The extremely lagging Case-Shiller home price indexes showed that home prices rose in April for the third-consecutive month. (Case-Shiller indexes not only come out with two-month delays but are based on three-month moving averages, so in June we’re reading about home price changes that took place between February and April.) Home prices in the national index rose a seasonally adjusted 0.5 percent in April and the 20-city index jumped 0.9 percent.
The National Association of Realtors said that 31 percent of homes sold in May fetched prices above what sellers were asking. Homes listed received an average of 3.3 offers.
This is all the more remarkable because while mortgage rates have been volatile week-to-week, they have been above six percent and often closer to seven percent for several months. Whatever drag higher rates had on the housing market has greatly diminished.
Rates Stay Higher for Longer
The earlier-than-expected recovery in housing complicates the task of the Federal Reserve. Not only does it mean that the lagged effects of higher rates seem to have already come and gone, it means that the most interest-rate-sensitive sector of the economy—housing—is less interest-rate sensitive than thought.

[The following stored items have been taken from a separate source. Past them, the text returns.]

-- ===== src/Models.antt =====
-- The shared value types of src/kegpulse/domain/models.py.
use keg_pulse.Base.{ℕ, Bool, true, false, Option}
use keg_pulse.Base.Text.{Text}

-- `class DeviceState(StrEnum)`
pub data DeviceState : Type 0 where
  disconnected connecting idle armed pouring settling complete timed_out interrupted degraded :
      DeviceState

-- `state == DeviceState.ARMED`, and so for the other states that the code compares with.
abbrev pub is_armed : DeviceState → Bool
is_armed DeviceState.armed = true
is_armed _ = false

abbrev pub is_pouring : DeviceState → Bool
is_pouring DeviceState.pouring = true
is_pouring _ = false

abbrev pub is_settling : DeviceState → Bool
is_settling DeviceState.settling = true
is_settling _ = false

abbrev pub is_timed_out : DeviceState → Bool
is_timed_out DeviceState.timed_out = true
is_timed_out _ = false

-- `state in {COMPLETE, TIMED_OUT, INTERRUPTED}`
abbrev pub is_terminal : DeviceState → Bool
is_terminal DeviceState.complete = true
is_terminal DeviceState.timed_out = true
is_terminal DeviceState.interrupted = true
is_terminal _ = false

-- `class DeviceResult`
pub record DeviceResult : Type 0 where
  pub device_id : Text
  pub boot_id : Text
  pub event_seq : ℕ
  pub session_id : Option Text
  pub attributed : Bool
  pub status : DeviceState
  pub raw_pulses : ℕ
  pub lifetime_pulses : ℕ
  pub started_ms : ℕ
  pub ended_ms : ℕ
  pub fault : Text

-- `class PourQuality(StrEnum)`
pub data PourQuality : Type 0 where
  complete unattributed interrupted estimated_recovered needs_review : PourQuality

-- `class CalibrationStatus(StrEnum)`
pub data CalibrationStatus : Type 0 where
  draft active superseded : CalibrationStatus

-- `class DeviceIdentity`
pub record DeviceIdentity : Type 0 where
  pub device_id : Text
  pub boot_id : Text
  pub firmware_version : Text
  pub protocol_version : ℕ
  pub reset_cause : Text
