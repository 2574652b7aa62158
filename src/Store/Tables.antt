-- ===== src/Store/Tables.antt =====
-- The tables of src/kegpulse/migrations as records and lists of rows, the newest row first, and
-- what a transaction of src/kegpulse/persistence/database.py returns or raises.
use keg_pulse.Base.{ℕ, Bool, true, false, Option, none, some, List, [], ℤ}
use keg_pulse.Base.Text.{Text, ◌=t◌}
use keg_pulse.Base.Try.{Try, ok, err}
use keg_pulse.Base.Rows.{find, has_row}
use keg_pulse.Models.{PourQuality, CalibrationStatus, DeviceState}
use keg_pulse.Calibration.Decimals.{DomainError}
use keg_pulse.Measurement.Integrity.{Rejection}

pub record Participant : Type 0 where
  pub id : Text
  pub display_name : Text
  pub active : Bool
  pub created_at : Text
  pub updated_at : Text
  pub balance_cents : ℤ
  pub avatar_updated_at : Option Text

pub record Keg : Type 0 where
  pub id : Text
  pub label : Text
  pub starting_volume_ml : Text
  pub opened_at : Text
  pub closed_at : Option Text
  pub notes : Text

pub record Calibration : Type 0 where
  pub id : Text
  pub liquid : Text
  pub default_density_g_per_ml : Text
  pub pulses_per_ml : Option Text
  pub status : CalibrationStatus
  pub notes : Text
  pub created_at : Text
  pub activated_at : Option Text

-- A row of `calibration_samples`
pub record SampleRow : Type 0 where
  pub id : Text
  pub calibration_id : Text
  pub ordinal : ℕ
  pub raw_pulses : ℕ
  pub mass_g : Text
  pub density_g_per_ml : Text
  pub derived_volume_ml : Text
  pub included : Bool
  pub suspected_outlier : Bool
  pub captured_at : Text
  pub superseded_at : Option Text

pub record VerificationCheck : Type 0 where
  pub id : Text
  pub calibration_id : Text
  pub keg_id : Option Text
  pub raw_pulses : ℕ
  pub mass_g : Text
  pub density_g_per_ml : Text
  pub predicted_volume_ml : Text
  pub actual_volume_ml : Text
  pub absolute_error_ml : Text
  pub percentage_error : Text
  pub warning : Bool
  pub created_at : Text

pub data Purpose : Type 0 where
  pour calibration verification : Purpose

-- The values of `provisional_sessions.status`
pub data SessionStatus : Type 0 where
  arming armed pouring settling finalizing complete timed_out interrupted interrupted_uncertain
        cancelled failed consumed disconnected connecting idle degraded :
      SessionStatus

-- `state.value`
abbrev pub stored_status : DeviceState → SessionStatus
stored_status DeviceState.disconnected = SessionStatus.disconnected
stored_status DeviceState.connecting = SessionStatus.connecting
stored_status DeviceState.idle = SessionStatus.idle
stored_status DeviceState.armed = SessionStatus.armed
stored_status DeviceState.pouring = SessionStatus.pouring
stored_status DeviceState.settling = SessionStatus.settling
stored_status DeviceState.complete = SessionStatus.complete
stored_status DeviceState.timed_out = SessionStatus.timed_out
stored_status DeviceState.interrupted = SessionStatus.interrupted
stored_status DeviceState.degraded = SessionStatus.degraded

pub record ProvisionalSession : Type 0 where
  pub session_id : Text
  pub idempotency_key : Text
  pub purpose : Purpose
  pub participant_id : Option Text
  pub keg_id : Option Text
  pub calibration_id : Option Text
  pub target_ordinal : Option ℕ
  pub device_id : Option Text
  pub boot_id : Option Text
  pub event_seq : Option ℕ
  pub confirmed_lifetime : ℕ
  pub captured_raw_pulses : Option ℕ
  pub status : SessionStatus
  pub created_at : Text
  pub updated_at : Text
  pub consumed_entity_id : Option Text

pub record PourEvent : Type 0 where
  pub id : Text
  pub session_id : Text
  pub participant_id : Option Text
  pub keg_id : Option Text
  pub calibration_id : Option Text
  pub device_id : Text
  pub boot_id : Text
  pub event_seq : Option ℕ
  pub raw_pulses : ℕ
  pub volume_ml : Option Text
  pub attributed : Bool
  pub quality : PourQuality
  pub started_at : Text
  pub ended_at : Text
  pub device_started_ms : ℕ
  pub device_ended_ms : ℕ
  pub fault : Text
  pub created_at : Text

-- A row of `device_results`
pub record ResultRow : Type 0 where
  pub device_id : Text
  pub boot_id : Text
  pub event_seq : ℕ
  pub session_id : Text
  pub status : DeviceState
  pub raw_pulses : ℕ
  pub pour_id : Option Text
  pub committed_at : Text

-- A row of `device_recovery_checkpoints`
pub record Checkpoint : Type 0 where
  pub device_id : Text
  pub boot_id : Text
  pub recovery_pulses : ℕ
  pub last_pour_id : Option Text
  pub updated_at : Text
  pub accepted_pulses : ℕ
  pub device_uptime_ms : ℕ

pub record InventoryAdjustment : Type 0 where
  pub id : Text
  pub keg_id : Text
  pub amount_ml : Text
  pub reason : Text
  pub created_at : Text

-- A row of `attribution_audit`
pub record AuditEntry : Type 0 where
  pub id : Text
  pub pour_id : Text
  pub old_participant_id : Option Text
  pub new_participant_id : Option Text
  pub reason : Text
  pub created_at : Text

-- A row of `pour_charges`
pub record Charge : Type 0 where
  pub pour_id : Text
  pub participant_id : Text
  pub volume_ml : Text
  pub rate_cents_per_fl_oz : Text
  pub amount_cents : ℤ
  pub created_at : Text

pub data LedgerKind : Type 0 where
  adjustment charge refund : LedgerKind

-- A row of `account_ledger`
pub record LedgerEntry : Type 0 where
  pub id : Text
  pub participant_id : Text
  pub amount_cents : ℤ
  pub kind : LedgerKind
  pub pour_id : Option Text
  pub reason : Text
  pub balance_after_cents : ℤ
  pub created_at : Text

-- A row of `measurement_anomalies`
pub record Anomaly : Type 0 where
  pub id : Text
  pub identity_key : Text
  pub source : Text
  pub device_id : Option Text
  pub boot_id : Option Text
  pub event_seq : Option Text
  pub observed_value : Text
  pub reason : Text
  pub context_json : Text
  pub created_at : Text

pub record Database : Type 0 where
  pub participants : List Participant
  pub kegs : List Keg
  pub calibrations : List Calibration
  pub samples : List SampleRow
  pub checks : List VerificationCheck
  pub sessions : List ProvisionalSession
  pub pours : List PourEvent
  pub results : List ResultRow
  pub checkpoints : List Checkpoint
  pub adjustments : List InventoryAdjustment
  pub audit : List AuditEntry
  pub charges : List Charge
  pub ledger : List LedgerEntry
  pub anomalies : List Anomaly
  -- `settings`, the values as `str(json.loads(value_json))`
  pub settings : List (Text × Text)

-- What the methods raise: `integrity` is SQLite's IntegrityError for a violated constraint, and
-- `arithmetic` is decimal's InvalidOperation.
pub data StoreError : Type 0 where
  bad_value not_found conflict integrity arithmetic : StoreError
  domain : DomainError → StoreError
  rejected : Rejection → StoreError

-- What a method does in `with self.db.transaction()`: a raise rolls back, so that the database is
-- as it was.
abbrev pub Transaction {ℓ} : Type ℓ → Type ℓ
Transaction A = Try StoreError (A × Database)

-- A transaction's answer, and the database after it
abbrev pub committed {ℓ} : {A : Type ℓ} → Transaction A → Database → Try StoreError A × Database
committed (ok (a, db)) before = (ok a, db)
committed (err e) before = (err e, before)

-- A DomainError passes through.
abbrev pub lift_domain {ℓ} : {A : Type ℓ} → Try DomainError A → Try StoreError A
lift_domain (ok a) = ok a
lift_domain (err e) = err (StoreError.domain e)

abbrev pub lift_rejection {ℓ} : {A : Type ℓ} → Try Rejection A → Try StoreError A
lift_rejection (ok a) = ok a
lift_rejection (err e) = err (StoreError.rejected e)

-- A row that must be there
abbrev pub must_find {ℓ} : {A : Type ℓ} → Option A → StoreError → Try StoreError A
must_find none e = err e
must_find (some a) e = ok a

-- The rows of a participant, a keg and so on, by their primary keys
abbrev pub is_participant : Text → Participant → Bool
is_participant k p = p.id =t k

abbrev pub is_keg : Text → Keg → Bool
is_keg k r = r.id =t k

abbrev pub is_calibration : Text → Calibration → Bool
is_calibration k r = r.id =t k

abbrev pub is_session : Text → ProvisionalSession → Bool
is_session k r = r.session_id =t k

abbrev pub is_pour : Text → PourEvent → Bool
is_pour k r = r.id =t k

-- A nullable foreign key refers to a row.
abbrev pub refers {ℓ} : {A : Type ℓ} → (Text → A → Bool) → Option Text → List A → Bool
refers key none rows = true
refers key (some k) rows = has_row (key k) rows

-- `status IN ('arming', 'armed', 'pouring', 'settling', 'finalizing')`
abbrev pub is_active_status : SessionStatus → Bool
is_active_status SessionStatus.arming = true
is_active_status SessionStatus.armed = true
is_active_status SessionStatus.pouring = true
is_active_status SessionStatus.settling = true
is_active_status SessionStatus.finalizing = true
is_active_status _ = false

-- `closed_at IS NULL`
abbrev pub is_open_keg : Keg → Bool
is_open_keg k = elim k.closed_at [ none ↦ true | some t ↦ false ]

-- `status='active'`
abbrev pub is_active_calibration : Calibration → Bool
is_active_calibration c = elim c.status [ CalibrationStatus.active ↦ true | _ ↦ false ]

-- `status='draft'`
abbrev pub is_draft : Calibration → Bool
is_draft c = elim c.status [ CalibrationStatus.draft ↦ true | _ ↦ false ]

-- A value, or another one for None
abbrev pub given {ℓ} : {A : Type ℓ} → Option A → A → A
given none other = other
given (some a) other = a

-- `row["id"] if row else None`
abbrev pub field_of {ℓ κ} : {A : Type ℓ} {B : Type κ} → (A → B) → Option A → Option B
field_of f none = none
field_of f (some a) = some (f a)

-- `value or None`: an empty text counts as None.
abbrev pub truthy : Option Text → Option Text
truthy (some []) = none
truthy o = o

-- `SELECT 1 FROM provisional_sessions WHERE status IN …`
abbrev pub is_active_session : ProvisionalSession → Bool
is_active_session s = is_active_status s.status

-- The rows that `closed_at IS NULL` and `status='active'` select, by a unique index one at most
abbrev pub open_keg : Database → Option Keg
open_keg db = find is_open_keg db.kegs

abbrev pub active_row : Database → Option Calibration
active_row db = find is_active_calibration db.calibrations
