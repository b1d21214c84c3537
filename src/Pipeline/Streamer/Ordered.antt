-- ===== src/Pipeline/Streamer/Ordered.antt =====
-- Every call of pipeline/streamer.go keeps the order of each stream.
use file_d.Base.{
  ℕ, ◌+◌, ◌<◌, ◌^◌, ◌≡◌, refl, sym, subst, ap, ◌∙◌, Bool, true, false, Bytes, Option, arith, ok,
  >>=-eq-ok, map-eq-ok, ok-injective, List-cases, Option-cases, inl, inr, ◌==◌, if◌then◌else◌,
  pop_last-Pops, Bool-cases, not,
}
use file_d.Pipeline.Event.{Event}
use file_d.Pipeline.Stream.{Stream, new_stream, attach, get, instant_get, try_unblock}
use file_d.Pipeline.Stream.Order.{
  IsOrdered, Keeps, Keeps-IsOrdered, put-IsOrdered, commit-Keeps, attach-Keeps,
  instant_get-IsOrdered, get-IsOrdered, try_unblock-IsOrdered,
}
use file_d.Pipeline.Streamer.{
  Streamer, update, find_stream, get_stream, store, put_to, put_event, join_stream, attach_joined,
  commit_to, instant_get_from, make_blocked, reset_blocked, block_round, block_get, block_wake,
  try_unblock_at, Call, puts, joins, attaches, gets, commits, blocks, wakes, unblocks, step,
}
use file_d.Pipeline.Streamer.Cells.{
  Same, timed, block_round_empty, block_round_some, reset_index-Moves,
}

abbrev pub AllOrdered : (ℕ → Stream) → Type 0
AllOrdered cell = (p : ℕ) → IsOrdered (cell p)

update-AllOrdered :
    (cell : ℕ → Stream) (p : ℕ) (s : Stream)
    → AllOrdered cell
    → IsOrdered s
    → AllOrdered (update cell p s)
update-AllOrdered cell p s v o q = elim (Bool-cases (p == q)) [
  | inl e ↦ rw (e, if◌then◌else◌) o
  | inr e ↦ rw (e, if◌then◌else◌) (v q)
]

-- A write of other fields.
touch-AllOrdered :
    (cell : ℕ → Stream) (p : ℕ) (s : Stream)
    → Keeps (cell p) s
    → AllOrdered cell
    → AllOrdered (update cell p s)
touch-AllOrdered cell p s k v = update-AllOrdered cell p s v (Keeps-IsOrdered (cell p) s k (v p))

store-cell :
    (st : Streamer) (p : ℕ) (s : Stream) (c : Bool) → (store st p s c).cell ≡ update st.cell p s
unfolding store
store-cell st p s true = refl
store-cell st p s false = refl

store-AllOrdered :
    (st : Streamer) (p : ℕ) (s : Stream) (c : Bool)
    → AllOrdered st.cell
    → IsOrdered s
    → AllOrdered (store st p s c).cell
store-AllOrdered st p s c v o = rw (store-cell st p s c) (update-AllOrdered st.cell p s v o)

get_stream-AllOrdered :
    (st : Streamer) (i : ℕ) (name : Bytes)
    → AllOrdered st.cell
    → AllOrdered (get_stream st i name).0.cell
unfolding get_stream new_stream
get_stream-AllOrdered st i name v = elim (Option-cases (find_stream st.directory i name)) [
  | inr (p, e) ↦ rw (e, get_stream) v
  | inl e ↦ rw (e, get_stream) (update-AllOrdered st.cell st.fresh _ v refl)
]

Same-Keeps : (s t : Stream) → Same s t → Keeps s t
Same-Keeps s t k = record { away = k.away; queue = k.queue; current = k.current }

Same-AllOrdered :
    (cell cell' : ℕ → Stream)
    → ((q : ℕ) → Same (cell q) (cell' q))
    → AllOrdered cell
    → AllOrdered cell'
Same-AllOrdered cell cell' same v p =
    Keeps-IsOrdered (cell p) (cell' p) (Same-Keeps (cell p) (cell' p) (same p)) (v p)

make_blocked-AllOrdered :
    (st : Streamer) (p : ℕ) → AllOrdered st.cell → AllOrdered (make_blocked st p).cell
unfolding make_blocked
make_blocked-AllOrdered st p =
    touch-AllOrdered st.cell p _ (record { away = refl; queue = refl; current = refl })

abbrev IsOrdering : Streamer → Type 0
IsOrdering st = AllOrdered st.cell

block_round-AllOrdered :
    (st st' : Streamer) (p now : ℕ) (e : Option Event)
    → IsOrdering st
    → block_round st p now ≡ ok (st', e)
    → IsOrdering st'
block_round-AllOrdered st st' p now e v h = elim (List-cases (st.cell p).queue) [
  | inl q ↦
      subst IsOrdering
        (ap (λ (r : Streamer × Option Event). r.0)
          (ok-injective (sym (block_round_empty st p now q) ∙ h)))
        (make_blocked-AllOrdered (timed st p now) p
          (touch-AllOrdered st.cell p _ (record { away = refl; queue = refl; current = refl }) v))
  | inr (x, xs, q) ↦
      let ((s, f), got, k) =
        map-eq-ok (get (st.cell p)) _ (sym (block_round_some st p now x xs q) ∙ h) in
      subst IsOrdering (ap (λ (r : Streamer × Option Event). r.0) k)
        (update-AllOrdered st.cell p s v (get-IsOrdered (st.cell p) s f x xs q (v p) got))
]

block_get-AllOrdered :
    (st st' : Streamer) (p now : ℕ) (e : Option Event)
    → IsOrdering st
    → block_get st p now ≡ ok (st', e)
    → IsOrdering st'
unfolding block_get
block_get-AllOrdered st st' p now e v h = elim (Bool-cases (st.cell p).is_attached) [
  | inl a ↦ block_round-AllOrdered st st' p now e v (rw (a, not, if◌then◌else◌) at h)
  | inr a ↦ ground arith
]

block_wake-AllOrdered :
    (st st' : Streamer) (p now : ℕ) (e : Option Event)
    → IsOrdering st
    → block_wake st p now ≡ ok (st', e)
    → IsOrdering st'
unfolding block_wake reset_blocked
block_wake-AllOrdered st st' p now e v h =
    let (t, reset, k) = >>=-eq-ok (reset_blocked st p) _ h in
    let (cell, blocked, same, eq) = reset_index-Moves st t p (st.cell p).block_index reset in
    block_round-AllOrdered t st' p now e (subst IsOrdering eq (Same-AllOrdered st.cell cell same v))
      k

join_stream-cell : (st : Streamer) → (join_stream st).0.cell ≡ st.cell
unfolding join_stream
join_stream-cell st = elim (pop_last-Pops st.charged) [
  | inl (_, e) ↦ rw (e, join_stream)
  | inr (rest, p, q, e) ↦ rw (e, join_stream)
]

-- No stream is about to run out of numbers.
abbrev pub HasRoom : Streamer → Type 0
HasRoom st = (p : ℕ) → (st.cell p).current_seq + 1 < 2 ^ 64

get_stream_room :
    (st : Streamer) (i : ℕ) (name : Bytes) → HasRoom st → HasRoom (get_stream st i name).0
unfolding get_stream new_stream
get_stream_room st i name v p = elim (Option-cases (find_stream st.directory i name)) [
  | inr (q, e) ↦ rw (e, get_stream) (v p)
  | inl e ↦ rw (e, get_stream) (ground (arith, v p))
]

put_event-AllOrdered :
    (st : Streamer) (i : ℕ) (name : Bytes) (e : Event)
    → HasRoom st
    → IsOrdering st
    → IsOrdering (put_event st i name e).0
unfolding put_event put_to
put_event-AllOrdered st i name e room v =
    let found = get_stream st i name in
    let w = get_stream-AllOrdered st i name v in
    store-AllOrdered found.0 found.1 _ _ w (
      put-IsOrdered found.1 (found.0.cell found.1) e (get_stream_room st i name room found.1)
        (w found.1))

-- Every call, whoever makes it, keeps each stream in order: from the last number handed out, the
-- queue goes on without a gap up to the last number given, and only a timeout repeats a number.
pub step-AllOrdered :
    (st st' : Streamer) (c : Call)
    → ((p : ℕ) → (st.cell p).current_seq + 1 < 2 ^ 64)
    → AllOrdered st.cell
    → step st c ≡ ok st'
    → AllOrdered st'.cell
unfolding step
step-AllOrdered st st' (puts i name e) room v h =
    subst IsOrdering (ok-injective h) (put_event-AllOrdered st i name e room v)
step-AllOrdered st st' joins room v h =
    subst IsOrdering (ok-injective h) (rw (join_stream-cell st) v)
step-AllOrdered st st' (attaches p) room v h =
    unfold attach_joined in
    let (s, got, k) = map-eq-ok (attach (st.cell p)) _ h in
    subst IsOrdering k (touch-AllOrdered st.cell p s (attach-Keeps (st.cell p) s got) v)
step-AllOrdered st st' (gets p) room v h =
    unfold instant_get_from in
    let ((t, e), got, k) = map-eq-ok (instant_get_from st p) _ h in
    let ((s, c, f), got', k') = map-eq-ok (instant_get (st.cell p)) _ got in
    subst IsOrdering (ap (λ (r : Streamer × Option Event). r.0) k' ∙ k)
      (store-AllOrdered st p s c v (instant_get-IsOrdered (st.cell p) s c f (v p) got'))
step-AllOrdered st st' (commits p e) room v h =
    unfold commit_to in
    subst IsOrdering (ok-injective h) (
      store-AllOrdered st p _ _ v
        (Keeps-IsOrdered (st.cell p) _ (commit-Keeps (st.cell p) e) (v p)))
step-AllOrdered st st' (blocks p now) room v h =
    let ((t, e), got, k) = map-eq-ok (block_get st p now) _ h in
    subst IsOrdering k (block_get-AllOrdered st t p now e v got)
step-AllOrdered st st' (wakes p now) room v h =
    let ((t, e), got, k) = map-eq-ok (block_wake st p now) _ h in
    subst IsOrdering k (block_wake-AllOrdered st t p now e v got)
step-AllOrdered st st' (unblocks p now) room v h =
    unfold try_unblock_at in
    let ((s, told), got, k) = map-eq-ok (try_unblock p now st.event_timeout (st.cell p)) _ h in
    subst IsOrdering k (
      update-AllOrdered st.cell p s v
        (try_unblock-IsOrdered p now st.event_timeout (st.cell p) s told (v p) got))
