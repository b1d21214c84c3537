-- ===== src/Pipeline/Streamer/Blocked.antt =====
-- The block list of pipeline/streamer.go: every stream in it knows its place, so that a stream leaves
-- it in one step.
use file_d.Base.{
  ℕ, zero, suc, ◌+◌, ◌≡◌, some, List, [], ◌∷◌, ◌++◌, arith, ok, length, get_elem?, set,
  get_elem?-snoc, get_elem?-set, ◌≢◌, inl, inr, count, get_elem?-lt, get_elem?-append_last,
  get_elem?-append_left, pop_last-Pops, count-append,
}
use file_d.Base.Int.{pos, negsuc}
use file_d.Pipeline.Stream.{Stream}
use file_d.Pipeline.Streamer.{
  Streamer, make_blocked, swap_remove, swapped, reset_index, reset_blocked,
}

-- Whatever stands at place `i` has the index `i`.
abbrev pub IsIndexed : (ℕ → Stream) → List ℕ → Type 0
IsIndexed cell l = (i p : ℕ) → get_elem? l i ≡ some p → (cell p).block_index ≡ pos i

pub make_blocked-IsIndexed :
    (st : Streamer) (p : ℕ)
    → IsIndexed st.cell st.blocked
    → ((i : ℕ) → get_elem? st.blocked i ≢ some p)
    → IsIndexed (make_blocked st p).cell (make_blocked st p).blocked
unfolding make_blocked
make_blocked-IsIndexed st p v new i q h = elim (get_elem?-snoc st.blocked p i q h) [
  | inl e ↦ ground (arith, v i q e, new i)
  | inr (e, f) ↦ ground arith
]

module _ (st : Streamer) (p index : ℕ) (rest : List ℕ) (last : ℕ) (v : IsIndexed st.cell st.blocked)
    (split : st.blocked ≡ rest ++ last ∷ []) (at_index : get_elem? st.blocked index ≡ some p) where
  index_at : (st.cell p).block_index ≡ pos index
  index_at = v index p at_index

  last_at : (st.cell last).block_index ≡ pos (length rest)
  last_at = v (length rest) last (rw split (get_elem?-append_last rest last))

  rest_at : (i q : ℕ) → get_elem? rest i ≡ some q → (st.cell q).block_index ≡ pos i
  rest_at i q h = v i q (rw split (get_elem?-append_left rest (last ∷ []) i q h))

  swapped-IsIndexed :
      IsIndexed (swapped st p index rest last).cell (swapped st p index rest last).blocked
  unfolding swapped
  swapped-IsIndexed i q h = elim (get_elem?-set rest index last i q h) [
    | inl (e, f, l) ↦ ground (arith, index_at, last_at)
    | inr (e, f) ↦ ground (arith, index_at, last_at, rest_at i q f, get_elem?-lt rest i q f)
  ]

count-set :
    (q p i last : ℕ) (rest : List ℕ)
    → get_elem? (rest ++ last ∷ []) i ≡ some p
    → count q (set rest i last) + count q (p ∷ []) ≡ count q (rest ++ last ∷ [])
count-set q p zero last [] h = ground arith
count-set q p (suc i) last [] h = cc
count-set q p zero last (x ∷ xs) h = ground (arith, count-append q xs (last ∷ []))
count-set q p (suc i) last (x ∷ xs) h = ground (arith, count-set q p i last xs h)

-- On a list whose entries know their places, `resetBlocked` takes out the stream that it is called
-- for, and the others still know theirs.
pub reset_blocked-IsIndexed :
    (st : Streamer) (p index : ℕ)
    → IsIndexed st.cell st.blocked
    → get_elem? st.blocked index ≡ some p
    → (st' : Streamer) × (reset_blocked st p ≡ ok st')
      × IsIndexed st'.cell st'.blocked
      × ((st'.cell p).block_index ≡ negsuc 0)
      × ((q : ℕ) → count q st'.blocked + count q (p ∷ []) ≡ count q st.blocked)
unfolding reset_blocked reset_index swap_remove swapped
reset_blocked-IsIndexed st p index v at_index = elim (pop_last-Pops st.blocked) [
  | inl (e, _) ↦ absurd (let h = rw e at at_index in cc)
  | inr (rest, last, split, popped) ↦ (
    swapped st p index rest last,
    ground (
      arith,
      index_at st p index rest last v split at_index,
      get_elem?-lt st.blocked index p at_index,
    ),
    swapped-IsIndexed st p index rest last v split at_index,
    ground arith,
    λ q. rw split (count-set q p index last rest (rw split at at_index)),
  )
]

What’s more, the ongoing rise in construction employment and job openings suggests that the sector will exert upward pressure on wages, hampering the Fed’s attempts to soften the labor market. As a result, rates are likely to stay higher for longer than the market anticipates.
The housing market is typically the Fed’s friend when it comes to tightening financial conditions. Going into the second half of 2023, that does not look to be the case.